== Requirement ==
Check each line of the records for "antt"; collect those that have it.

(Entries taken from a collection)
Segment Open

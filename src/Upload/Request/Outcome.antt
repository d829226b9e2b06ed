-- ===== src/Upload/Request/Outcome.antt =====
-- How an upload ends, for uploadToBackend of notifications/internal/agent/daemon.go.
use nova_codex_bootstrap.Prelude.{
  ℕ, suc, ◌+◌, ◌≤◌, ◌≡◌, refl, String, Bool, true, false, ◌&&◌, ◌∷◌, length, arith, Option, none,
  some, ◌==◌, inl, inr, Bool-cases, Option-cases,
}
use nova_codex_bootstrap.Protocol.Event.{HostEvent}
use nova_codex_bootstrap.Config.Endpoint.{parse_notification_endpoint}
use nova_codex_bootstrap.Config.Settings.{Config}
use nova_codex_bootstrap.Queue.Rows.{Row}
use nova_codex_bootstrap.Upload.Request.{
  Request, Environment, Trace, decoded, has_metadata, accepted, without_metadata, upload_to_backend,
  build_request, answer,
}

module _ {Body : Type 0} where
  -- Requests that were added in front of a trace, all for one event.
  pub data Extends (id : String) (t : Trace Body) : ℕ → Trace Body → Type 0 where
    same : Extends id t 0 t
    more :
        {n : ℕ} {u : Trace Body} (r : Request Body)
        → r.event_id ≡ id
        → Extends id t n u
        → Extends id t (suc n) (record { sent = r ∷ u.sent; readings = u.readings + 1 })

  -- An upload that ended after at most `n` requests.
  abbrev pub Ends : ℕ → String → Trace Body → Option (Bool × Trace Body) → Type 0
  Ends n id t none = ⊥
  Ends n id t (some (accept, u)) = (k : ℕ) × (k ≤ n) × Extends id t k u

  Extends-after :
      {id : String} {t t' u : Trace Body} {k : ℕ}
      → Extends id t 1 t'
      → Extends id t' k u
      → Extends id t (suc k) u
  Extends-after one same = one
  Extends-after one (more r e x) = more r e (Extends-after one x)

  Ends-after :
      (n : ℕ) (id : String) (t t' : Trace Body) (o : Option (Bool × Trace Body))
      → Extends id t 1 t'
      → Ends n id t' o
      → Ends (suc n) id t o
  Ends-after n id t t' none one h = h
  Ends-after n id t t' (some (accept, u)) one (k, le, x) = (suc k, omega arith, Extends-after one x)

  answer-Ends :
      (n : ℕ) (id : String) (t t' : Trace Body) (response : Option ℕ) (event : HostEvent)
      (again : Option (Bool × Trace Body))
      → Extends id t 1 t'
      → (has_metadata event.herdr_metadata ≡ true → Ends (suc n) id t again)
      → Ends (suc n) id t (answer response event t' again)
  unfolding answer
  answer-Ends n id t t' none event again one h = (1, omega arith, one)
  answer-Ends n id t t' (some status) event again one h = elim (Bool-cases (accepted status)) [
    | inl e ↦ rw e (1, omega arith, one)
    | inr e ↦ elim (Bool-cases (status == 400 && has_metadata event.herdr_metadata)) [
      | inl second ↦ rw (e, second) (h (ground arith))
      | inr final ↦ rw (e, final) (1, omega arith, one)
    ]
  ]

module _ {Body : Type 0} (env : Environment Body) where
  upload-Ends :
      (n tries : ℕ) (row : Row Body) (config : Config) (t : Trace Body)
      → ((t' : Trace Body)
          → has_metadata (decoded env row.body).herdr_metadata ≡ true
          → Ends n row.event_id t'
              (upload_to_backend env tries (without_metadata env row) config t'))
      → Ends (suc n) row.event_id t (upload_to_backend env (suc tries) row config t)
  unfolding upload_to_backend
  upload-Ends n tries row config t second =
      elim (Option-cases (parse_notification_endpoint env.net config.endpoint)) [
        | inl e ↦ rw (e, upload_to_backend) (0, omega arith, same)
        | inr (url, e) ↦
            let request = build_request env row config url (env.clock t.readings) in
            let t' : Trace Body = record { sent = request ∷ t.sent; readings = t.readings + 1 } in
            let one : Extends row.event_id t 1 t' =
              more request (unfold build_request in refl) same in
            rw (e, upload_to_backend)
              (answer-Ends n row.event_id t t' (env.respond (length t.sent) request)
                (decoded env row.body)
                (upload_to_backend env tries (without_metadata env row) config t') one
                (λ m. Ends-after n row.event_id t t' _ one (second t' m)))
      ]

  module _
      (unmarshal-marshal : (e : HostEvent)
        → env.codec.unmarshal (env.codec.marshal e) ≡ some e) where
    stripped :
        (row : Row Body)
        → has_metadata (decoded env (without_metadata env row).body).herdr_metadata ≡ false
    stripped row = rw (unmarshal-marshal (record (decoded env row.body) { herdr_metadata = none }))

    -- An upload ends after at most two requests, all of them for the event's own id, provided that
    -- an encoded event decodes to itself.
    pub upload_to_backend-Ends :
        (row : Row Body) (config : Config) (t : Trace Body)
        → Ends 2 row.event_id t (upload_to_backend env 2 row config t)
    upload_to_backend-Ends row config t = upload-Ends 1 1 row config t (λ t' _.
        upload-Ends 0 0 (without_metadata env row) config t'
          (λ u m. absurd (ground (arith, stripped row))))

Segment Closed
Segment Open

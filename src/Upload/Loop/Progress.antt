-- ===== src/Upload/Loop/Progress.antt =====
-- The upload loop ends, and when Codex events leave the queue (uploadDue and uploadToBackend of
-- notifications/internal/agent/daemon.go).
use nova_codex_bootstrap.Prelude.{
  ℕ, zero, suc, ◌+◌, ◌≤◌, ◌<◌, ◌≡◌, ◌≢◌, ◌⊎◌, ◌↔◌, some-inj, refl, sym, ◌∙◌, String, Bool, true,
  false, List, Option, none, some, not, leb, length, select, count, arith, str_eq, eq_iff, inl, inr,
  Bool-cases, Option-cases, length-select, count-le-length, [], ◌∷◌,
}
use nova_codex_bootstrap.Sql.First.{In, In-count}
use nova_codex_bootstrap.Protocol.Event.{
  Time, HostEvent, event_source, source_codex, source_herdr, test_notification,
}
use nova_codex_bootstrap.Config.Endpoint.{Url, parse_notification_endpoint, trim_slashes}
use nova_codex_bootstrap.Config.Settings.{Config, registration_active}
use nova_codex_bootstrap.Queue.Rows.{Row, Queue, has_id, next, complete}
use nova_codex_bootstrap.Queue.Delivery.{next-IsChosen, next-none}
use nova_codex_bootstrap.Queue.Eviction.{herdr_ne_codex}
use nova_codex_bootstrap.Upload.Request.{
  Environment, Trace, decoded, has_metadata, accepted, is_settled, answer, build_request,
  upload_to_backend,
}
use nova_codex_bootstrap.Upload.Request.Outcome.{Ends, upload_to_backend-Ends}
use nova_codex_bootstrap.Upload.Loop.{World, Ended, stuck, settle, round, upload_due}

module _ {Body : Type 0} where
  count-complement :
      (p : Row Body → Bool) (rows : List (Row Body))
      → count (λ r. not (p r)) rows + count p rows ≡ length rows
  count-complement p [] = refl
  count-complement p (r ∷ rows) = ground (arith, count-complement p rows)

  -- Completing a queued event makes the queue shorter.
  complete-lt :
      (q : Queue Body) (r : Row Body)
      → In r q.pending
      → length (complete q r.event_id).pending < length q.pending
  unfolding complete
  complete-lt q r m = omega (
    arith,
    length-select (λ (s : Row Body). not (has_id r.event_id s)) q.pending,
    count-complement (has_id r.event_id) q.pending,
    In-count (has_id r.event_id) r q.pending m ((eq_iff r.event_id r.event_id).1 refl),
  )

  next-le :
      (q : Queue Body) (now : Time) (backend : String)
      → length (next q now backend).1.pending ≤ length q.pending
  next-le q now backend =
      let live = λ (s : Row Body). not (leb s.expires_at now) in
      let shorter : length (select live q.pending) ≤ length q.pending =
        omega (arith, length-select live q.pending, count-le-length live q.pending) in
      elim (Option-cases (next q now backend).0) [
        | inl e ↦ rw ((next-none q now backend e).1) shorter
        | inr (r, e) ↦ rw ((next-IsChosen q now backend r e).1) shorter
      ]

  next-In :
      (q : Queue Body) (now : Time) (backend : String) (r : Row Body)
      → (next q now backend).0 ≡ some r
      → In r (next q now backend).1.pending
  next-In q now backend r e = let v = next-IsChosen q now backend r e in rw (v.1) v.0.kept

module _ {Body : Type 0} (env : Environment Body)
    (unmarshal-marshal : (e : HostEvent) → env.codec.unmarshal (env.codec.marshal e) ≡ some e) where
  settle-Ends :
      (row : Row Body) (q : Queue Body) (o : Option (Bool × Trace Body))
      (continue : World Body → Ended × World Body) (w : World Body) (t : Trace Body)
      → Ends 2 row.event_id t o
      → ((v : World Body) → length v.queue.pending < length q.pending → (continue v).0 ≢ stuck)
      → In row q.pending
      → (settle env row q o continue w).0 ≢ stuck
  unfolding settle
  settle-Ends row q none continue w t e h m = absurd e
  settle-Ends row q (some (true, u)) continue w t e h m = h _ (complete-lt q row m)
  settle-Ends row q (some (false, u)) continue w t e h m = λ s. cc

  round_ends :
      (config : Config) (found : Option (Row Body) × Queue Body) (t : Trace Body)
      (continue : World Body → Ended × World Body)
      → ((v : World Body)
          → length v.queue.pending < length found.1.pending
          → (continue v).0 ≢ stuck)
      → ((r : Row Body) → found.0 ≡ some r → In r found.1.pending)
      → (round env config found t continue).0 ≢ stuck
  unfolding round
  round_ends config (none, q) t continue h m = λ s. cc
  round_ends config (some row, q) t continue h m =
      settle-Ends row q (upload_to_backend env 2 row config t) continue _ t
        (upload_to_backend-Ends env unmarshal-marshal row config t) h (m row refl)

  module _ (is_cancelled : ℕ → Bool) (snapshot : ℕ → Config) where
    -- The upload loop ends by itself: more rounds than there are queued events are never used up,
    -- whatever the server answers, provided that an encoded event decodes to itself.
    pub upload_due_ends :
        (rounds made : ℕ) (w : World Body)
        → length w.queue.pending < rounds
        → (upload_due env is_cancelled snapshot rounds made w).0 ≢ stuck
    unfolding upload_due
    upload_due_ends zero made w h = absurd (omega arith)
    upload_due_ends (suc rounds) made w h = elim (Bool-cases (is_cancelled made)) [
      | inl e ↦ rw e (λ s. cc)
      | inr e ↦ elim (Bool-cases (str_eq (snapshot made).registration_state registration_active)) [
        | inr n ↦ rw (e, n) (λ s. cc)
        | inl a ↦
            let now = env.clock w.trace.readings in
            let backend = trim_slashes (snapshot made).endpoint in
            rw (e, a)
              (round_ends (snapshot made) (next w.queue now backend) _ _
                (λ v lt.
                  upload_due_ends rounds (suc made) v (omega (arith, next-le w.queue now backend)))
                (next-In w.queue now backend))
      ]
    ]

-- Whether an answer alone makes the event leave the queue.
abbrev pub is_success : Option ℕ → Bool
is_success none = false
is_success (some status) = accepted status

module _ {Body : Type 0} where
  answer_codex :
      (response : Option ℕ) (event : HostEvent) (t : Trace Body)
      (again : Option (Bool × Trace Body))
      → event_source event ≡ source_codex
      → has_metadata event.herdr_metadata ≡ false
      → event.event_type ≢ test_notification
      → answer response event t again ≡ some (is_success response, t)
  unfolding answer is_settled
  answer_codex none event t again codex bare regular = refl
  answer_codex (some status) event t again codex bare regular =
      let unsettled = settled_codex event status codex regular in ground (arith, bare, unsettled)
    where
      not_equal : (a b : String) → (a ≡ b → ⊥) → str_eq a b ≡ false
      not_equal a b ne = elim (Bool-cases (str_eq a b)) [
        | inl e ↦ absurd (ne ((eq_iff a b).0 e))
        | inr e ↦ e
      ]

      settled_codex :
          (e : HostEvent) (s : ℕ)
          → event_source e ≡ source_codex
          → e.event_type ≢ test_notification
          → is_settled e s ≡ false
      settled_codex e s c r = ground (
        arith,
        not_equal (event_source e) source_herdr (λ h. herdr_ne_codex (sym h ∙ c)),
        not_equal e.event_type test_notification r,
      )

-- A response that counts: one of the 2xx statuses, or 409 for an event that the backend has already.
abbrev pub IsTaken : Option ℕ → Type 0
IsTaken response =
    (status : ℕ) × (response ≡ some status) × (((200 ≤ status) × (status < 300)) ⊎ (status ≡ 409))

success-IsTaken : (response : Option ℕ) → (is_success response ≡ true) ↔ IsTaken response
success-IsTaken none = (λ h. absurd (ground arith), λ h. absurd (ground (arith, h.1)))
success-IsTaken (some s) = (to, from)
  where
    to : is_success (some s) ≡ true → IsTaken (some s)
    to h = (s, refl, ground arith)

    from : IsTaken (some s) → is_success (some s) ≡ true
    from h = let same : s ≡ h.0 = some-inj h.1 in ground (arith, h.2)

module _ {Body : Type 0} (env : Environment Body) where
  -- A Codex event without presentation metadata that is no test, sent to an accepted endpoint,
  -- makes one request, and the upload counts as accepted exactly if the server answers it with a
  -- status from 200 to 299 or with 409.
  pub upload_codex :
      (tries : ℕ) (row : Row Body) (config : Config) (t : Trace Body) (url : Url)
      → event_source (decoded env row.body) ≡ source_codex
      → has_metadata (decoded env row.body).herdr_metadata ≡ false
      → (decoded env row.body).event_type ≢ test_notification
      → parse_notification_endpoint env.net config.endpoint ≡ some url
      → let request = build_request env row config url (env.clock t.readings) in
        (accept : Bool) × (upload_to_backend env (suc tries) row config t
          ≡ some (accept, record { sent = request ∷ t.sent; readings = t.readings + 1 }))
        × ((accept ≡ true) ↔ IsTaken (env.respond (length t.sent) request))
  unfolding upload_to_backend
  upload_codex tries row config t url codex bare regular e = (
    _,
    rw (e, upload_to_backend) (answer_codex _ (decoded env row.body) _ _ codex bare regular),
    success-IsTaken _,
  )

Segment Closed

== Finished exercise ==
filename src/Upload/Request/Outcome.antt
-- ===== src/Upload/Request/Outcome.antt =====
filename src/Upload/Loop/Progress.antt
-- ===== src/Upload/Loop/Progress.antt =====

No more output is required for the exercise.